藤丸立香(マスター)のサーヴァントとして、いくつもの夢を喰べたのだろう。

 

「辛い味、ですか」

「あぁ、むしろ幸せな味を喰べたのは片手で数える程さ。きっと、もっと救えたはずだって、そう思ってるんだよ」

 

「そうですか、ですが――――それは傲慢です。藤丸立香(マスター)の傲慢さが見せる夢ですよ」

「……というと」

「単純です。今でこそ、多数の英霊―――無論貴方も含めますが―――がいます。きっと、藤丸(マスター)

これだけいるのだからと」

「思っているのでしょう。えぇ、ですが、救えないもの(・・・・・・)救えない(・・・・)

 

「例えば、特異点Fへの強制レイシフト前の管制塔爆破。これによって出た死傷者をここにいる英霊で全て救えますか」

「……それは」

そういうこと(・・・・・・)です。例え抑えられたとしても藤丸(マスター)は救えたはずと言うでしょう。
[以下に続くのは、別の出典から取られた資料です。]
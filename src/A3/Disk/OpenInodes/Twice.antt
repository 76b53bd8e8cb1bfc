-- ===== src/A3/Disk/OpenInodes/Twice.antt =====
-- A file that is opened twice is gone after it is closed once.
use mcgill_ecse_427_operatin.Prelude.{
  ℕ, ◌<◌, ◌≡◌, refl, true, ==_iff, ◌==◌, none, some, List, ◌∷◌, Array,
}
use mcgill_ecse_427_operatin.A3.Disk.Sectors.{
  ◌>>=◌, pure, Sectors, pure-Runs, read_then-Runs, >>=-Runs,
}
use mcgill_ecse_427_operatin.A3.Disk.Inode.{Bytes, Inode}
use mcgill_ecse_427_operatin.A3.Disk.Reserve.{FreeMap}
use mcgill_ecse_427_operatin.A3.Disk.OpenInodes.{
  find_open, list_remove, inode_reopen, fresh_inode, inode_open, inode_close,
}

module _ {S : Type 0} (io : Sectors S Bytes) (free_map : FreeMap S) (n : ℕ) where
  -- For an inode on the disk that is not open: after it is opened twice and closed once, the list of
  -- open inodes is the one of before, without the inode that the other opener uses.
  pub inode_close-inode_open :
      (sector : ℕ) (opens : List Inode) (v : Array Bytes)
      → sector < n
      → find_open sector opens ≡ none
      → (c : S) → io.Stands c n v
      → (c' : S) × ((do
        (_, opens') ← inode_open io free_map sector opens
        (_, opens'') ← inode_open io free_map sector opens'
        inode_close io free_map (some sector) opens'')
            c
          ≡ some (opens, c'))
        × io.Stands c' n v
  unfolding inode_open inode_close find_open list_remove inode_reopen
  inode_close-inode_open sector opens v on_disk closed =
      let new = fresh_inode sector (v sector) in
      let self : (sector == sector) ≡ true = (==_iff sector sector).1 refl in
      let found : find_open sector (new ∷ opens) ≡ some new = rw self in
      let removed : list_remove sector (new ∷ opens) ≡ opens = rw self in
      >>=-Runs io n (inode_open io free_map sector opens)
        (λ r. do
          (_, opens'') ← inode_open io free_map sector r.1
          inode_close io free_map (some sector) opens'')
        v v v (new, new ∷ opens) opens
        (rw (closed, inode_open)
          (read_then-Runs io n sector
            (λ b. pure (fresh_inode sector b, fresh_inode sector b ∷ opens)) v v (new, new ∷ opens)
            on_disk (pure-Runs io n (new, new ∷ opens) v)))
        (>>=-Runs io n (inode_open io free_map sector (new ∷ opens))
          (λ r. inode_close io free_map (some sector) r.1) v v v (new, new ∷ opens) opens
          (rw (found, inode_open) (pure-Runs io n (new, new ∷ opens) v))
          (rw (found, inode_close, removed) (pure-Runs io n opens v)))
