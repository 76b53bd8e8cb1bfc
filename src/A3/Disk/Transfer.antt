-- ===== src/A3/Disk/Transfer.antt =====
-- a3/fs/inode.c: making a file, reading from it and writing to it.
pub mod Reading
pub mod Layout
pub mod Writing
pub mod RoundTrip
pub mod Extending
use mcgill_ecse_427_operatin.Prelude.{
  ℕ, zero, suc, ◌+◌, ◌-◌, ◌*◌, ◌/◌, ◌%◌, Bool, true, false, not, ◌&&◌, ◌||◌, ltb, leb, ◌==◌,
  if◌then◌else◌, List, [], ◌∷◌, ◌++◌, Array, in_range,
}
use mcgill_ecse_427_operatin.Prelude.Int.{ℤ, pos, negsuc, pos_part, ◌+ℤ◌, minus_one}
use mcgill_ecse_427_operatin.A3.Disk.Sectors.{Io, pure, stop, ◌>>=◌, ◌>>◌, Sectors}
use mcgill_ecse_427_operatin.A3.Disk.Inode.{
  Bytes, block_sector_size, InodeDisk, Inode, min, no_sector, slice, byte_to_sector,
}
use mcgill_ecse_427_operatin.A3.Disk.Reserve.{FreeMap, zeros, words_block, inode_reserve}

abbrev pub inode_magic : ℕ
inode_magic = 1229868868

-- A number of 32 bits, a negative one by its complement.
abbrev offset_word : ℤ → ℕ
offset_word (pos n) = n
offset_word (negsuc n) = 4294967295 - n

-- The 128 words of a `struct inode_disk`; the bytes behind `is_dir` are 0.
unfoldable pub inode_words : InodeDisk → Array ℕ
inode_words d i =
    if ltb i 123
    then d.direct_blocks i
    else if i == 123
    then d.indirect_block
    else if i == 124
    then d.doubly_indirect_block
    else if i == 125
    then (if d.is_dir then 1 else 0)
    else if i == 126
    then offset_word d.length
    else d.magic

abbrev pub inode_block : InodeDisk → Bytes
inode_block d = words_block (inode_words d)

abbrev pub extended : InodeDisk → ℕ → InodeDisk
extended d len = record d { length = pos len }

-- The bytes that a round copies: no further than the file, the sector and the request go. It is 0 where the
-- difference in the code is negative.
abbrev pub chunk_size : ℕ → ℕ → ℕ → ℕ
chunk_size len size offset = min size (min (len - offset) (512 - offset % 512))

-- The bytes of `buffer` from `from` over those of a sector.
abbrev pub overlay : Bytes → ℕ → ℕ → Array ℕ → ℕ → Bytes
overlay b ofs chunk buffer from i = if in_range ofs chunk i then buffer (from + (i - ofs)) else b i

module _ {S : Type 0} (io : Sectors S Bytes) where
  -- The loop, within a number of rounds; the sector is read whole also where all of it goes to the caller.
  unfoldable pub read_loop : ℕ → InodeDisk → ℕ → ℕ → Io S (List ℕ)
  read_loop zero d size offset = stop
  read_loop (suc rounds) d size offset =
      let chunk = chunk_size (pos_part d.length) size offset in
      if size == 0 then pure [] else (do
        sector ← byte_to_sector io d (pos offset)
        if chunk == 0 then pure [] else (do
          b ← io.read sector
          rest ← read_loop rounds d (size - chunk) (offset + chunk)
          pure (slice b (offset % 512) chunk ++ rest)))

  -- The bytes that are read; the code returns their number.
  abbrev pub inode_read_at : ℕ → Inode → ℕ → ℕ → Io S (List ℕ)
  inode_read_at rounds inode size offset = read_loop rounds inode.content size offset

  -- A part of a sector is put over what is there, or over zeros.
  unfoldable pub write_chunk : ℕ → ℕ → ℕ → Array ℕ → ℕ → Io S (Unit {0})
  write_chunk sector ofs chunk buffer from =
      if (ofs == 0) && (chunk == 512) then io.write sector (λ i. buffer (from + i)) else (do
        b ← if ltb 0 ofs || ltb chunk (512 - ofs) then io.read sector else pure zeros
        io.write sector (overlay b ofs chunk buffer from))

  -- The loop, within a number of rounds, with the number of bytes that are written.
  unfoldable pub write_loop : ℕ → InodeDisk → Array ℕ → ℕ → ℕ → ℕ → Io S ℕ
  write_loop zero d buffer size offset written = stop
  write_loop (suc rounds) d buffer size offset written =
      let chunk = chunk_size (pos_part d.length) size offset in
      if size == 0 then pure written else (do
        sector ← byte_to_sector io d (pos offset)
        if chunk == 0 then pure written else (do
          write_chunk sector (offset % 512) chunk buffer written
          write_loop rounds d buffer (size - chunk) (offset + chunk) (written + chunk)))

  module _ (free_map : FreeMap S) where
    -- A write that ends behind the file gives it sectors and a length first.
    unfoldable pub extend : Inode → ℕ → Io S (Bool × Inode)
    extend inode len = do
      (done, d) ← inode_reserve io free_map inode.content (pos len)
      if not done then pure (false, record inode { content = d }) else (do
        io.write inode.sector (inode_block (extended d len))
        pure (true, record inode { content = extended d len }))

    abbrev write_extended : ℕ → Array ℕ → ℕ → ℕ → Bool × Inode → Io S (ℕ × Inode)
    write_extended rounds buffer size offset (false, inode) = pure (0, inode)
    write_extended rounds buffer size offset (true, inode) = do
      written ← write_loop rounds inode.content buffer size offset 0
      pure (written, inode)

    unfoldable pub inode_write_at : ℕ → Inode → Array ℕ → ℕ → ℕ → Io S (ℕ × Inode)
    inode_write_at rounds inode buffer size offset =
        if not (inode.deny_write_cnt == 0) then pure (0, inode) else (do
          last ← byte_to_sector io inode.content (pos (offset + size) +ℤ minus_one)
          r ← if last == no_sector then extend inode (offset + size) else pure (true, inode)
          write_extended rounds buffer size offset r)

    abbrev inode_allocate : InodeDisk → Io S (Bool × InodeDisk)
    inode_allocate d = inode_reserve io free_map d d.length

    unfoldable inode_create : ℕ → ℤ → Bool → Io S Bool
    inode_create sector (negsuc length) is_dir = stop
    inode_create sector (pos length) is_dir = do
      (done, d) ← inode_allocate (record {
        direct_blocks = λ i. 0;
        indirect_block = 0;
        doubly_indirect_block = 0;
        is_dir = is_dir;
        length = pos length;
        magic = inode_magic;
      })
      if done then (do io.write sector (inode_block d); pure true) else pure false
……これを傲慢といわずしてなんというのですか」

 

 

「君はやっぱり、変わってるよ」

キョトンとこちらを見ていたマーリンが笑みを浮かべて言った。

 

「どこがです」

マイロード(マスター)の味方なのに斜に構えているところ」

「だからどこがです」

「さっきのところとか特にそうさ。うんうん、そういう人物(キャラクター)も、マイロード(マスター)には必要さ」

まるで、おもちゃを見つけたかの様に笑うマーリンに、自分は引いていた。

 

「よーし次は、そうだな、君について教えておくれ」

「イヤですよ」

「え、どうして。私と君の仲じゃないか」

「たかだか30分ですよね?」

何を言っているのだろうこの夢魔は、と思っていると

「おーい、ちょっと……げぇマーリン!?」

「やぁロマニ・アーキマン」

「ちょっと!職員に手を出してないよね!?」

「もちろん、どっちかっていうとおも」

「ちょっと!?君大丈夫!?」

「は、はは……」

 

自分は、苦笑いを浮かべる他、なかったのだった……。